Мы публикуем интервью В.А. Миронова, изобретателя технологии печати органов, запатентованной в США, и теперь развивающий это направление науки в московском проекте Инвитро.
Это из новой лаборатории 3D-печати органов. Спереди внушительный микроскоп, дальше видно двух медицинских инженеров за AutoCAD – делают макет площадки для формирования тканевых сфероидов.

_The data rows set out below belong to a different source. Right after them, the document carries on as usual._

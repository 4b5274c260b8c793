-- ===== src/Uploads/Steps.antt =====
-- Everything that changes the upload tasks, as steps in any order, with the coroutines of `run` that
-- wait at the semaphore or work (src/thumbelina/rag/pipeline/upload_tasks.py).
use thumbelina.Prelude.{
  ℕ, ◌<◌, String, Bool, true, none, List, ◌∷◌, ◌++◌, Dict, lookup, ◌≡◌, if◌then◌else◌,
}
use thumbelina.Uploads.{
  ProgressEvent, UploadTaskManager, Outcome, create, remove, cancel, cancel_by_kb, start_file,
  mark_file_done, update_progress, set_result, run_begin, run_enter, run_end,
}

pub record System : Type 0 where
  pub manager : UploadTaskManager
  pub waiting : List String
  pub workers : List String

-- the coroutine that had waited has the semaphore, and works or has ended
abbrev pub entered : Bool × UploadTaskManager → String → List String → System → System
entered r id waiting s = record {
  manager = r.1;
  waiting = waiting;
  workers = if r.0 then id ∷ s.workers else s.workers;
}

-- The id of a new task is one that no task has.
pub data Step (s : System) : System → Type 0 where
  creates :
      (id kb_id kind label : String) (total_files now : ℕ)
      → lookup id s.manager.tasks ≡ none
      → Step s (record s { manager = (create id kb_id kind label total_files now s.manager).1 })
  removes : (id : String) → Step s (record s { manager = (remove id s.manager).1 })
  cancels : (id : String) → Step s (record s { manager = (cancel id s.manager).1 })
  cancels_all : (kb_id : String) → Step s (record s { manager = (cancel_by_kb kb_id s.manager).1 })
  starts_file :
      (id : String) (index : ℕ) (filename : String)
      → Step s (record s { manager = start_file id index filename s.manager })
  marks_file : (id : String) → Step s (record s { manager = mark_file_done id s.manager })
  progresses :
      (id : String) (e : ProgressEvent)
      → Step s (record s { manager = update_progress id e s.manager })
  sets_result :
      (id : String) (r : Dict String) → Step s (record s { manager = set_result id r s.manager })
  run_waits :
      (id : String) → run_begin id s.manager ≡ true → Step s (record s { waiting = id ∷ s.waiting })
  run_enters :
      (id : String) (before after : List String)
      → s.waiting ≡ before ++ id ∷ after
      → 0 < s.manager.permits
      → Step s (entered (run_enter id s.manager) id (before ++ after) s)
  run_ends :
      (id : String) (before after : List String) (outcome : Outcome)
      → s.workers ≡ before ++ id ∷ after
      → Step s (record s { manager = run_end id outcome s.manager; workers = before ++ after })

pub data Steps (s : System) : System → Type 0 where
  here : Steps s s
  next : {t u : System} → Steps s t → Step t u → Steps s u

Тут недавно открылась лаборатория 3D-биопринтинга органов (проект Инвитро). Вокруг неё творится какая-то лютая феерия непонимания того, что именно делается. В общем, хоть я и не микробиолог, но мне стало интересно. Я пробился до разработчика — В.А. Миронова. Именно он изобрёл технологию печати органов и запатентовал это в США, участвовал в разработке уже трех модификаций биопринтеров, и именно он «главный по науке» в новой лаборатории в Москве:
В.А. Миронов (M.D., Ph.D., профессор с 20-летним опытом в микробиологии, в частности, на границе с IT) — в процессе полуторачасового объяснения мне сути технологии изрисовал кучу бумаги.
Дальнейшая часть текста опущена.